Masterkleer 16/10 in UV-Blau


----------



## Bu11et (28. November 2009)

*AW: Welche Schlauchgröße nutzt ihr?*

[x] 16/10 Danger Den Uv Orange


----------



## KingPiranhas (28. November 2009)

*AW: Welche Schlauchgröße nutzt ihr?*

@Mods bitte Thread schliessen Umfrage ist schon zu alt.


----------



## Taitan (29. November 2009)

*AW: Welche Schlauchgröße nutzt ihr?*

16/10 Danger Den UV-Red


----------



## don camillo (29. November 2009)

*AW: Welche Schlauchgröße nutzt ihr?*

ich habe 10/8mm


----------



## Dicken (29. November 2009)

*AW: Welche Schlauchgröße nutzt ihr?*

ich habe mich für meine neue Wasserkühlung bei Nanoxia eingedeckt. Und Nutzen den Nanoxia Nanoflex Tube 130 in Weiß - Ich bin sehr zufrieden damit. 
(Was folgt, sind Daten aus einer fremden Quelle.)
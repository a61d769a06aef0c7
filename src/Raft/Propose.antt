-- ===== src/Raft/Propose.antt =====
-- `ProposePut` and `ProposeDel`: the leader appends an entry, sends it to one peer after the other and
-- counts the acknowledgements, then sends the commit index. While a request is out, and between two
-- locked parts, the mutex is free: `Outside` says what the node is when the thread has it again.
use veri_store.Common.{
  ℕ, ◌+◌, ◌-◌, ◌/◌, ◌%◌, Bool, true, false, not, none, List, [], ◌∷◌, ◌++◌, length, Bytes, ltb, leb,
  if◌then◌else◌,
}
use veri_store.Raft.Types.{
  RaftNode, LogEntry, OpType, put_op, del_op, AppendEntriesReq, AppendEntriesResp, Env, u64_mod,
}
use veri_store.Raft.Node.{last_log_index, term_at, is_leader, become_follower}

-- A reply, the node as the reply finds it, and the clock then.
pub record Answer (Resp : Type 0) : Type 0 where
  pub node : RaftNode
  pub resp : Resp
  pub env : Env

pub record Outside : Type 0 where
  pub gap : RaftNode → RaftNode
  pub append : ℕ → AppendEntriesReq → RaftNode → Answer AppendEntriesResp

-- The first locked part.
unfoldable pub append_own : OpType → Bytes → Bytes → RaftNode → RaftNode × LogEntry
append_own op key value n =
    let e : LogEntry = record { term = n.current_term; op = op; key = key; value = value } in
    (record n { log = n.log ++ e ∷ [] }, e)

-- `total / 2 + 1`
unfoldable pub needed_acks : RaftNode → ℕ
needed_acks n = (1 + length n.peers) / 2 + 1

-- The second locked part, and the request that it fills.
unfoldable pub entry_request : RaftNode → LogEntry → AppendEntriesReq
unfolding last_log_index term_at
entry_request n e =
    let prev = (last_log_index n + u64_mod - 1) % u64_mod in
    record {
      term = n.current_term;
      leader_id = n.id;
      prev_log_index = prev;
      prev_log_term = term_at n prev;
      entries = e ∷ [];
      leader_commit = 0;
    }

unfoldable pub commit_request : RaftNode → AppendEntriesReq
unfolding last_log_index term_at
commit_request n = record {
  term = n.current_term;
  leader_id = n.id;
  prev_log_index = last_log_index n;
  prev_log_term = term_at n (last_log_index n);
  entries = [];
  leader_commit = n.commit_index;
}

-- How the loop over the peers ended: by `return false`, or with this many acknowledgements.
pub data Outcome : Type 0 where
  aborted : Outcome
  counted : ℕ → Outcome

module _ (out : Outside) where
  unfoldable pub replicate_entry : List ℕ → AppendEntriesReq → ℕ → ℕ → RaftNode → RaftNode × Outcome
  unfolding is_leader become_follower
  replicate_entry [] req needed acks n = (n, counted acks)
  replicate_entry (p ∷ ps) req needed acks n =
      let a = out.append p req n in
      let acks' = (if a.resp.success then acks + 1 else acks) in
      let rest = replicate_entry ps req needed acks' a.node in
      if not (is_leader a.node)
      then (a.node, aborted)
      else if ltb a.node.current_term a.resp.term
      then (become_follower a.env a.resp.term none a.node, aborted)
      else if leb needed acks'
      then (a.node, counted acks')
      else rest

  unfoldable pub send_commit : List ℕ → AppendEntriesReq → RaftNode → RaftNode
  unfolding become_follower
  send_commit [] req n = n
  send_commit (p ∷ ps) req n =
      let a = out.append p req n in
      let rest = send_commit ps req a.node in
      if ltb a.node.current_term a.resp.term
      then become_follower a.env a.resp.term none a.node
      else rest

  -- What follows the loop over the peers.
  unfoldable pub finish_proposal : ℕ → RaftNode × Outcome → RaftNode × Bool
  unfolding send_commit commit_request
  finish_proposal needed (n, aborted) = (n, false)
  finish_proposal needed (n, counted acks) =
      let m = out.gap n in
      if ltb acks needed then (n, false) else (send_commit m.peers (commit_request m) m, true)

  unfoldable pub propose : OpType → Bytes → Bytes → RaftNode → RaftNode × Bool
  unfolding append_own needed_acks entry_request replicate_entry finish_proposal is_leader
  propose op key value n =
      let (appended, e) = append_own op key value n in
      let m = out.gap appended in
      if not (is_leader n)
      then (n, false)
      else finish_proposal (needed_acks n)
          (replicate_entry n.peers (entry_request m e) (needed_acks n) 1 m)

  unfoldable pub propose_put : Bytes → Bytes → RaftNode → RaftNode × Bool
  unfolding propose
  propose_put key value = propose put_op key value

  unfoldable pub propose_del : Bytes → RaftNode → RaftNode × Bool
  unfolding propose
  propose_del key = propose del_op key []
Überzeugt euch selber, vielleicht bin ich auch panne weil ich den Schlauch von Nanoxia nutze. Bin immer für verbesserungsvorschläge offen.

Schläuche • Seite 1/2


----------



## chefmarkus (30. November 2009)

*AW: Welche Schlauchgröße nutzt ihr?*

13/10 Tygon in elegantem Schwarz


----------



## oldmanDF (30. November 2009)

*AW: Welche Schlauchgröße nutzt ihr?*

16/10 Danger Den UV-Blue


----------



## UnnerveD (30. November 2009)

*AW: Welche Schlauchgröße nutzt ihr?*

16/10 DD UV red


----------



## netheral (30. November 2009)

*AW: Welche Schlauchgröße nutzt ihr?*

[X] DangerDen rot und schwarz. \m/


----------



## Modstar (6. Dezember 2009)

*AW: Welche Schlauchgröße nutzt ihr?*

19/13 Feser schwarz! ( dient rein zur Optik! )


----------



## BeachBoy08 (6. Dezember 2009)

*AW: Welche Schlauchgröße nutzt ihr?*

13/10 klarer PVC Schlauch mit Nanoxia Hyperzero in grün. Echt top


----------



## Gamer-King (6. Dezember 2009)

*AW: Welche Schlauchgröße nutzt ihr?*

13/10 Feser UV white


----------



## Hans_sein_Herbert (6. Dezember 2009)

*AW: Welche Schlauchgröße nutzt ihr?*

8/6 PUR schwarz und jegliche Behauptungen er wäre nicht biegsam genug oder Qualitativ schlechter sind schlicht und ergreifend Bullshit.


----------



## Madz (6. Dezember 2009)

*AW: Welche Schlauchgröße nutzt ihr?*



Hans_sein_Herbert schrieb:


> 8/6 PUR schwarz und jegliche Behauptungen er wäre nicht biegsam genug oder Qualitativ schlechter sind schlicht und ergreifend Bullshit.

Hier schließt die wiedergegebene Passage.